TASK GOAL: Your response should consist of the entries below, written out exactly.

↓

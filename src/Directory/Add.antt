-- ===== src/Directory/Add.antt =====
-- add_directory_file_entry of src/uwufs/file_operations.c.
use uwufs.Base.{ℕ, ◌+◌, ◌-◌, Bool, true, false, ◌==◌, if◌then◌else◌}
use uwufs.Bytes.{Bytes, zeros}
use uwufs.Machine.{
  Res, ok, fail, crash, enospc, eio, Io, pure, raise, stop, handle, gets, unix_time, ◌>>=◌, ◌>>◌,
}
use uwufs.Block.{load, write_blk}
use uwufs.Freelist.{malloc_blk, free_blk}
use uwufs.Itable.{read_inode, write_inode}
use uwufs.Blockmap.{get_dblk, append_dblk}
use uwufs.Layout.{
  block_size, inode_size, set_direct_blk, file_size, set_file_size, file_links_count,
  set_file_links_count, set_file_atime, set_file_mtime, set_file_ctime,
}
use uwufs.Directory.{blks_of_size, put_directory_file_entry}

-- malloc_blk where any failure counts as ENOSPC.
blk_or_enospc : Res ℕ → Io ℕ
blk_or_enospc (ok blk_num) = if blk_num == 0 then raise enospc else pure blk_num
blk_or_enospc (fail e) = raise enospc
blk_or_enospc crash = stop

-- error_ret: a block that this call allocated is freed, and the status is returned.
fail_after_free : {A : Type 0} → Bool → ℕ → Res A → Io A
fail_after_free has_malloc blk_num (ok a) = pure a
fail_after_free true blk_num (fail e) = handle (free_blk blk_num) λ _. raise e
fail_after_free false blk_num (fail e) = raise e
fail_after_free has_malloc blk_num crash = stop

or_error_ret : {A : Type 0} → (has_malloc : Bool) → (dir_data_blk_num : ℕ) → Io A → Io A
unfolding fail_after_free
or_error_ret has_malloc blk_num m = handle m (fail_after_free has_malloc blk_num)

-- One data block more.
abbrev grown : Bytes → (time : ℕ) → Bytes
grown inode time = set_file_ctime (set_file_size inode (file_size inode + block_size)) time

-- The number of the last data block, the inode, and whether the block was allocated just now.
last_dir_blk : (dir_inode : Bytes) → (n time : ℕ) → Io (ℕ × Bytes × Bool)
unfolding blk_or_enospc
last_dir_blk inode n time =
    if n == 0
    then (do
      blk_num ← handle malloc_blk blk_or_enospc
      pure (blk_num, grown (set_direct_blk inode 0 blk_num) time, true))
    else do
      blk_num ← gets (get_dblk inode (n - 1))
      if blk_num == 0 then raise eio else pure (blk_num, inode, false)

-- The entry in a new, empty data block, which is appended to the directory. The status of the
-- append is ignored.
in_new_blk : (blk_num n time : ℕ) → (inode : Bytes) → Res Bytes → Io (ℕ × Bytes × Bytes)
in_new_blk blk_num n time inode (ok blk) = do
  (_, inode') ← append_dblk (grown inode time) n blk_num
  pure (blk_num, inode', blk)
in_new_blk blk_num n time inode (fail e) = handle (free_blk blk_num) λ _. raise e
in_new_blk blk_num n time inode crash = stop

-- The block number, the inode and the content of the block after put_directory_file_entry, which
-- failed if the block is full.
place_entry :
    (has_malloc : Bool) (blk_num n time : ℕ) (inode name : Bytes) (file_inode_num : ℕ)
    → Res Bytes
    → Io (ℕ × Bytes × Bytes)
unfolding in_new_blk
place_entry m blk_num n time inode name num (ok blk) = pure (blk_num, inode, blk)
place_entry m blk_num n time inode name num (fail e) = do
  new_num ← or_error_ret m blk_num (handle malloc_blk blk_or_enospc)
  in_new_blk new_num n time inode (put_directory_file_entry zeros name num)
place_entry m blk_num n time inode name num crash = stop

-- The counts and times of the directory's inode.
touched : Bytes → (nlinks_change time : ℕ) → Bytes
touched inode change time =
    let counted = set_file_links_count inode (file_links_count inode + change) in
    let changed = if change == 0 then counted else set_file_ctime counted time in
    set_file_atime (set_file_mtime changed time) time

unfoldable pub add_directory_file_entry :
    (dir_inode_num : ℕ) (name : Bytes) (file_inode_num nlinks_change : ℕ) → Io (Unit {0})
unfolding last_dir_blk place_entry touched or_error_ret
add_directory_file_entry dir_inode_num name num change = do
  time ← gets unix_time
  dir_inode ← read_inode dir_inode_num
  let n = blks_of_size (file_size dir_inode)
  (blk_num, inode, has_malloc) ← last_dir_blk dir_inode n time
  blk ← or_error_ret has_malloc blk_num (load blk_num)
  (blk_num', inode', blk') ←
      place_entry has_malloc blk_num n time inode name num (put_directory_file_entry blk name num)
  or_error_ret has_malloc blk_num'
      (write_inode (touched inode' change time) inode_size dir_inode_num)
  or_error_ret has_malloc blk_num' (write_blk blk' blk_num')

↑

ANSWER TO THIS PROBLEM:
filename src/Directory/Add.antt
-- ===== src/Directory/Add.antt =====
-- add_directory_file_entry of src/uwufs/file_operations.c.
use uwufs.Base.{ℕ, ◌+◌, ◌-◌, Bool, true, false, ◌==◌, if◌then◌else◌}
use uwufs.Bytes.{Bytes, zeros}
use uwufs.Machine.{
  Res, ok, fail, crash, enospc, eio, Io, pure, raise, stop, handle, gets, unix_time, ◌>>=◌, ◌>>◌,
}
use uwufs.Block.{load, write_blk}
use uwufs.Freelist.{malloc_blk, free_blk}
use uwufs.Itable.{read_inode, write_inode}
use uwufs.Blockmap.{get_dblk, append_dblk}
use uwufs.Layout.{
  block_size, inode_size, set_direct_blk, file_size, set_file_size, file_links_count,
  set_file_links_count, set_file_atime, set_file_mtime, set_file_ctime,
}
use uwufs.Directory.{blks_of_size, put_directory_file_entry}

-- malloc_blk where any failure counts as ENOSPC.
blk_or_enospc : Res ℕ → Io ℕ
blk_or_enospc (ok blk_num) = if blk_num == 0 then raise enospc else pure blk_num
blk_or_enospc (fail e) = raise enospc
blk_or_enospc crash = stop

-- error_ret: a block that this call allocated is freed, and the status is returned.
fail_after_free : {A : Type 0} → Bool → ℕ → Res A → Io A
fail_after_free has_malloc blk_num (ok a) = pure a
fail_after_free true blk_num (fail e) = handle (free_blk blk_num) λ _. raise e
fail_after_free false blk_num (fail e) = raise e
fail_after_free has_malloc blk_num crash = stop

or_error_ret : {A : Type 0} → (has_malloc : Bool) → (dir_data_blk_num : ℕ) → Io A → Io A
unfolding fail_after_free
or_error_ret has_malloc blk_num m = handle m (fail_after_free has_malloc blk_num)

-- One data block more.
abbrev grown : Bytes → (time : ℕ) → Bytes
grown inode time = set_file_ctime (set_file_size inode (file_size inode + block_size)) time

-- The number of the last data block, the inode, and whether the block was allocated just now.
last_dir_blk : (dir_inode : Bytes) → (n time : ℕ) → Io (ℕ × Bytes × Bool)
unfolding blk_or_enospc
last_dir_blk inode n time =
    if n == 0
    then (do
      blk_num ← handle malloc_blk blk_or_enospc
      pure (blk_num, grown (set_direct_blk inode 0 blk_num) time, true))
    else do
      blk_num ← gets (get_dblk inode (n - 1))
      if blk_num == 0 then raise eio else pure (blk_num, inode, false)

-- The entry in a new, empty data block, which is appended to the directory. The status of the
-- append is ignored.
in_new_blk : (blk_num n time : ℕ) → (inode : Bytes) → Res Bytes → Io (ℕ × Bytes × Bytes)
in_new_blk blk_num n time inode (ok blk) = do
  (_, inode') ← append_dblk (grown inode time) n blk_num
  pure (blk_num, inode', blk)
in_new_blk blk_num n time inode (fail e) = handle (free_blk blk_num) λ _. raise e
in_new_blk blk_num n time inode crash = stop

-- The block number, the inode and the content of the block after put_directory_file_entry, which
-- failed if the block is full.
place_entry :
    (has_malloc : Bool) (blk_num n time : ℕ) (inode name : Bytes) (file_inode_num : ℕ)
    → Res Bytes
    → Io (ℕ × Bytes × Bytes)
unfolding in_new_blk
place_entry m blk_num n time inode name num (ok blk) = pure (blk_num, inode, blk)
place_entry m blk_num n time inode name num (fail e) = do
  new_num ← or_error_ret m blk_num (handle malloc_blk blk_or_enospc)
  in_new_blk new_num n time inode (put_directory_file_entry zeros name num)
place_entry m blk_num n time inode name num crash = stop

-- The counts and times of the directory's inode.
touched : Bytes → (nlinks_change time : ℕ) → Bytes
touched inode change time =
    let counted = set_file_links_count inode (file_links_count inode + change) in
    let changed = if change == 0 then counted else set_file_ctime counted time in
    set_file_atime (set_file_mtime changed time) time

unfoldable pub add_directory_file_entry :
    (dir_inode_num : ℕ) (name : Bytes) (file_inode_num nlinks_change : ℕ) → Io (Unit {0})
unfolding last_dir_blk place_entry touched or_error_ret
add_directory_file_entry dir_inode_num name num change = do
  time ← gets unix_time
  dir_inode ← read_inode dir_inode_num
  let n = blks_of_size (file_size dir_inode)
  (blk_num, inode, has_malloc) ← last_dir_blk dir_inode n time
  blk ← or_error_ret has_malloc blk_num (load blk_num)
  (blk_num', inode', blk') ←
      place_entry has_malloc blk_num n time inode name num (put_directory_file_entry blk name num)
  or_error_ret has_malloc blk_num'
      (write_inode (touched inode' change time) inode_size dir_inode_num)
  or_error_ret has_malloc blk_num' (write_blk blk' blk_num')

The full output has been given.